Just a good motor for weekend runs,trying to put a motor together that will run on good on the fuel we now have.


----------



## BearGFR (Aug 25, 2008)

Ok... well, what would they be going onto? 400? 455? standard bore or overbored? Piston deck height? Head gasket compressed thickness? Which pistons? What's the cam like? (lift, duration at .050, LSA) ---- I know those are a lot fo questions. The point is, there's no simple answer and there's a lot that goes into making a good decision. 

Bear


----------



## FNG69 (Nov 15, 2009)

mikey gto said:


> What is the better heads to have 6x or 4x ?

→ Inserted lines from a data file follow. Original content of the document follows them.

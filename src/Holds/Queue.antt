-- ===== src/Holds/Queue.antt =====
-- Whose turn it is, who is told next, and where a new hold stands.
use elidune_server.Prelude.{
  ℕ, ◌+◌, ◌==◌, ◌≤◌, ◌≡◌, refl, ap, ◌⊎◌, true, false, ◌&&◌, Option, none, some, List, [], ◌∷◌, ◌++◌,
  arith, Option-cases, inl, inr,
}
use elidune_server.Prelude.Int.{ℤ, pos, ◌+ℤ◌, ◌*ℤ◌}
use elidune_server.Prelude.Table.{
  All, select_first, select_first_by_key, count_where, count_where-exists, count_where-update,
  exists_where, update_where, IsRow,
}
use elidune_server.Error.{ok}
use elidune_server.Rights.{DateTime}
use elidune_server.Db.{Db, Hold, pending, ready}
use elidune_server.Holds.{
  active_for, is_pending, has_id, active_on, pending_on, ready_on, first_by_position, CreateHold,
  days, set_ready, eligible_borrower, holds_notify_next_tx, holds_notify_next, place_hold,
  max_position, next_position, new_hold, holds_mark_ready,
}
use elidune_server.Holds.Order.{
  IsFrom, IsUpTo, first_by_position_least, first_by_position-none, max_position_bounds,
  first_by_position-IsRow,
}

-- `h` is served no later than `k`: a ready hold before any pending one, else by position.
pub record ServedBefore (h k : Hold) : Type 0 where
  pub ready_first : k.status ≡ ready → h.status ≡ ready
  pub by_position : h.status ≡ k.status → h.position ≤ k.position

-- `h` heads the queue of the item: it is active and served before every active hold of it.
pub record IsHead (item : ℕ) (hs : List Hold) (h : Hold) : Type 0 where
  pub is_active_head : active_on item h ≡ true
  pub before_all : All (λ k. active_on item k ≡ true → ServedBefore h k) hs

active_split :
    (item : ℕ) (hs : List Hold)
    → count_where (active_on item) hs
      ≡ count_where (ready_on item) hs + count_where (pending_on item) hs
active_split item [] = refl
active_split item (h ∷ hs) = ground (arith, active_split item hs)

-- Nobody is preferred only if the copy has no active hold at all.
pub eligible_borrower-none :
    (item : ℕ) (hs : List Hold)
    → eligible_borrower item hs ≡ none
    → count_where (active_on item) hs ≡ 0
unfolding eligible_borrower
eligible_borrower-none item hs e = ground (
  arith,
  active_split item hs,
  first_by_position-none (ready_on item) hs,
  first_by_position-none (pending_on item) hs,
)

-- `holds.id` is the primary key.
abbrev pub UniqueIds : List Hold → Type 0
UniqueIds hs = (k : ℕ) → count_where (has_id k) hs ≤ 1

pending_row :
    (item : ℕ) (h : Hold) → pending_on item h ≡ true → (h.item_id ≡ item) × (h.status ≡ pending)
pending_row item h e = (ground arith, ground arith)

module _ (now : DateTime) (expiry_days : ℤ) (item : ℕ) (db : Db) where
  -- Ready as of now, to be fetched within the pickup window, in days of 86400 seconds.
  abbrev readied : Hold → Hold
  readied h = record h {
    status = ready;
    notified_at = some now;
    expires_at = some (now +ℤ expiry_days *ℤ pos 86400);
  }

  -- The call has made the hold `h`, a row of the table that is pending on the copy and has the
  -- least position of these, ready, and changed no other row.
  pub record Readies (h : Hold) : Type 0 where
    pub is_row : IsRow h db.holds
    pub of_item : h.item_id ≡ item
    pub was_pending : h.status ≡ pending
    pub was_first : IsFrom (pending_on item) h.position db.holds
    pub result : holds_notify_next_tx now expiry_days item db ≡ (
      ok (some (readied h)),
      record db {
        holds = update_where (λ k. (k.id == h.id) && is_pending k.status) readied db.holds;
      },
    )

  notify_first :
      (h : Hold)
      → UniqueIds db.holds
      → first_by_position (pending_on item) db.holds ≡ some h
      → Readies h
  unfolding holds_notify_next_tx
  notify_first h unique found =
      let least = first_by_position_least (pending_on item) db.holds h found in
      let row = first_by_position-IsRow (pending_on item) db.holds h found in
      let selected : select_first (λ k. has_id h.id k && is_pending k.status) db.holds ≡ some h =
        select_first_by_key (has_id h.id) (λ k. has_id h.id k && is_pending k.status) h db.holds row
          (unique h.id) (ground arith) (ground arith) (λ y e. ground arith) in
      record {
        is_row = row;
        of_item = (pending_row item h least.0).0;
        was_pending = (pending_row item h least.0).1;
        was_first = least.1;
        result = rw found (rw selected refl);
      }

  -- With unique hold ids, either the copy has no pending hold, the answer is none and nothing
  -- changes, or its pending hold with the least position gets the status ready, now as the
  -- instant of its notice, and an end of the pickup window that lies the given days, of 86400
  -- seconds, after now; that row is the answer, and no other row changes. The call never fails.
  pub notify_next_tx_lem :
      UniqueIds db.holds
      → ((count_where (pending_on item) db.holds ≡ 0)
          × (holds_notify_next_tx now expiry_days item db ≡ (ok none, db)))
        ⊎ ((h : Hold) × Readies h)
  notify_next_tx_lem unique = elim (Option-cases (first_by_position (pending_on item) db.holds)) [
    | inl nothing ↦ inl (
      first_by_position-none (pending_on item) db.holds nothing,
      unfold holds_notify_next_tx in rw nothing refl,
    )
    | inr (h, found) ↦ inr (h, notify_first h unique found)
  ]

-- The call succeeds, and writes the table of holds only.
pub notify_next_tx_ok :
    (now : DateTime) (expiry_days : ℤ) (item : ℕ) (db : Db)
    → UniqueIds db.holds
    → (r : Option Hold) × (hs : List Hold) × (holds_notify_next_tx now expiry_days item db
        ≡ (ok r, record db { holds = hs }))
notify_next_tx_ok now expiry_days item db unique =
    elim (notify_next_tx_lem now expiry_days item db unique) [
      | inl (nothing, e) ↦ (none, db.holds, e)
      | inr (h, r) ↦ (_, _, r.result)
    ]

pub mark_ready-UniqueIds :
    (now : DateTime) (expiry_days : ℤ) (id : ℕ) (db : Db)
    → UniqueIds db.holds
    → UniqueIds (holds_mark_ready now expiry_days id db).1.holds
unfolding holds_mark_ready
mark_ready-UniqueIds now expiry_days id db n k =
    rw
      (count_where-update (has_id k) (λ h. has_id id h && is_pending h.status)
        (set_ready now (now +ℤ days expiry_days)) db.holds (λ h. refl))
      (n k)

pub notify_next_tx-UniqueIds :
    (now : DateTime) (expiry_days : ℤ) (item : ℕ) (db : Db)
    → UniqueIds db.holds
    → UniqueIds (holds_notify_next_tx now expiry_days item db).1.holds
unfolding holds_notify_next_tx
notify_next_tx-UniqueIds now expiry_days item db n k =
    elim (Option-cases (first_by_position (pending_on item) db.holds)) [
      | inl nothing ↦ ground (arith, n k)
      | inr (r, found) ↦ ground (arith, mark_ready-UniqueIds now expiry_days r.id db n k)
    ]

-- The two versions of the call leave the same database, whatever it holds.
pub notify_next-same_state :
    (now : DateTime) (expiry_days : ℤ) (item : ℕ) (db : Db)
    → (holds_notify_next now expiry_days item db).1
      ≡ (holds_notify_next_tx now expiry_days item db).1
unfolding holds_notify_next holds_notify_next_tx
notify_next-same_state now expiry_days item db = ground arith

placed :
    (id : ℕ) (now : DateTime) (d : CreateHold) (db db' : Db) (h : Hold)
    → place_hold id now d db ≡ (ok h, db')
    → (h ≡ new_hold id now d (next_position d.item_id db.holds))
      × (db' ≡ record db { holds = db.holds ++ h ∷ [] })
      × (exists_where (active_for d.user_id d.item_id) db.holds ≡ false)
unfolding place_hold
placed id now d db db' h e = (ground arith, ground arith, ground arith)

-- A placed hold is pending and stands behind every active hold of its copy; the patron had no
-- active hold on the copy, and no other row of the table changed.
pub place_hold-last :
    (id : ℕ) (now : DateTime) (d : CreateHold) (db db' : Db) (h : Hold)
    → place_hold id now d db ≡ (ok h, db')
    → (db' ≡ record db { holds = db.holds ++ h ∷ [] })
      × (h.status ≡ pending)
      × (h.user_id ≡ d.user_id)
      × (h.item_id ≡ d.item_id)
      × (count_where (active_for d.user_id d.item_id) db.holds ≡ 0)
      × ((last : ℕ) × (h.position ≡ last + 1) × IsUpTo (active_on d.item_id) last db.holds)
place_hold-last id now d db db' h e =
    let (same, appended, free) = placed id now d db db' h e in
    (
      appended,
      ap (λ k. k.status) same,
      ap (λ k. k.user_id) same,
      ap (λ k. k.item_id) same,
      count_where-exists (active_for d.user_id d.item_id) db.holds free,
      (
        max_position (active_on d.item_id) db.holds,
        ap (λ k. k.position) same,
        max_position_bounds (active_on d.item_id) db.holds,
      ),
    )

If it just between the 6 & the 4s.. The 6s are better. You need to get the book of Heads by Pete McCarthy. He did a great job with it!! Les


----------



## FNG69 (Nov 15, 2009)

You going to make our 22nd Annual Uprising down here in Wichita on Oct 7th & 8th.. Pete won't be here this year as a speaker but he as done them in the past...:seeya:..Les


----------



## mikey gto (Jun 14, 2011)

Dont know anything about it,is there a web site that tell about it ?


----------



## FNG69 (Nov 15, 2009)

Just pulled the thread back up. Jim Wangers is coming all the way from Calif. Hope you can make it too.. Les


----------



## FNG69 (Nov 15, 2009)

Forgot to tell you 6X's came on the 400 & the 350. Be sure to get the 400 6X's. It is the better one.


----------